» HOW TO COMPLETE THIS TASK
Entries follow. Return each line that contains the word "unfoldable".

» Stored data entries
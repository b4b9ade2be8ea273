-- ===== src/Memory.antt =====
-- Blocks of memory, as `malloc`, `realloc` and `memcpy` treat them: lists of bytes of a fixed
-- length, in which a write beyond the end is caught.
use planck.Prelude.{
  ℕ, ◌+◌, ◌-◌, ◌≤◌, ◌≡◌, refl, sym, ap, ◌∙◌, Option, none, some, [], ◌∷◌, ◌++◌, append_assoc, ◌==◌,
  Free, Bytes, arith, ltb, if◌then◌else◌, length, take, drop, replicate, get_elem?, length-append,
  length-take, length-drop, length-replicate, take-append_exact, take-append_le, take-all,
  get_elem?-append_exact,
}

-- A write of `buf` at `at`; `none` if it leaves the block.
unfoldable pub memcpy : Bytes → ℕ → Bytes → Option Bytes
memcpy memory at buf =
    if ltb (length memory) (at + length buf)
    then none
    else some (take at memory ++ (buf ++ drop (at + length buf) memory))

-- The bytes that are gained have no known value; 0 stands for it.
unfoldable pub realloc : Bytes → ℕ → Bytes
realloc memory new_length = take new_length memory ++ replicate (new_length - length memory) 0

pub memcpy_lem :
    (m : Bytes) (at : ℕ) (buf : Bytes)
    → at + length buf ≤ length m
    → memcpy m at buf ≡ some (take at m ++ (buf ++ drop (at + length buf) m))
unfolding memcpy
memcpy_lem m at buf h = ground arith

length-take_within : (n : ℕ) (m : Bytes) → n ≤ length m → length (take n m) ≡ n
length-take_within n m h = omega (arith, length-take n m)

pub take_front : (k : ℕ) (xs ys : Bytes) → k ≡ length xs → take k (xs ++ ys) ≡ xs
take_front k xs ys e = rw e (take-append_exact xs ys)

abbrev pub spliced : Bytes → ℕ → Bytes → Bytes
spliced m at buf = take at m ++ (buf ++ drop (at + length buf) m)

module _ (m : Bytes) (at : ℕ) (buf : Bytes) (fits : at + length buf ≤ length m) where
  pub length-spliced : length (spliced m at buf) ≡ length m
  length-spliced = omega (
    arith,
    length-append (take at m) (buf ++ drop (at + length buf) m),
    length-append buf (drop (at + length buf) m),
    length-take at m,
    length-drop (at + length buf) m,
  )

  pub take-spliced : take (at + length buf) (spliced m at buf) ≡ take at m ++ buf
  take-spliced =
      ap (take (at + length buf)) (sym (append_assoc (take at m) buf (drop (at + length buf) m)))
      ∙ take_front (at + length buf) (take at m ++ buf) _
          (omega (arith, length-append (take at m) buf, length-take at m))

  pub take-spliced_front : take at (spliced m at buf) ≡ take at m
  take-spliced_front =
      let size : length (take at m) ≡ at = omega (arith, length-take at m) in
      take-append_le at (take at m) _ (omega arith) ∙ take-all at (take at m) (omega arith)

pub realloc-take :
    (m : Bytes) (new k : ℕ) → length m ≤ new → k ≤ length m → take k (realloc m new) ≡ take k m
unfolding realloc
realloc-take m new k h g =
    rw (take-all new m h) (take-append_le k m (replicate (new - length m) 0) g)

pub length-realloc : (m : Bytes) (new : ℕ) → length m ≤ new → length (realloc m new) ≡ new
unfolding realloc
length-realloc m new h = rw (take-all new m h) (
    omega (
      arith,
      length-append m (replicate (new - length m) 0),
      length-replicate {A = ℕ} (new - length m) 0,
    ))

pub elem_after :
    (xs : Bytes) (c : ℕ) (rest : Bytes) (at : ℕ)
    → at ≡ length xs + 0
    → get_elem? (xs ++ c ∷ rest) at ≡ some c
elem_after xs c rest at e = rw e (get_elem?-append_exact xs (c ∷ rest) 0)

-- A block as a C string: the bytes in front of the first zero.
unfoldable pub c_string : Bytes → Bytes
c_string [] = []
c_string (c ∷ cs) = let rest = c_string cs in if c == 0 then [] else c ∷ rest

pub c_string_front : (s rest : Bytes) → Free 0 s → c_string (s ++ 0 ∷ rest) ≡ s
unfolding c_string
c_string_front [] rest free = refl
c_string_front (c ∷ s) rest free = ground (arith, c_string_front s rest free.1, free.0)

-- A zero ends the string, whatever stands in front of it.
pub c_string_ended : (s rest : Bytes) → c_string (s ++ 0 ∷ rest) ≡ c_string s
unfolding c_string
c_string_ended [] rest = refl
c_string_ended (c ∷ s) rest = ground (arith, c_string_ended s rest)

pub c_string-Free : (s : Bytes) → Free 0 s → c_string s ≡ s
unfolding c_string
c_string-Free [] free = refl
c_string-Free (c ∷ s) free = ground (arith, c_string-Free s free.1, free.0)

» REPLY TO THE EXERCISE
unfoldable pub memcpy : Bytes → ℕ → Bytes → Option Bytes
unfoldable pub realloc : Bytes → ℕ → Bytes
unfoldable pub c_string : Bytes → Bytes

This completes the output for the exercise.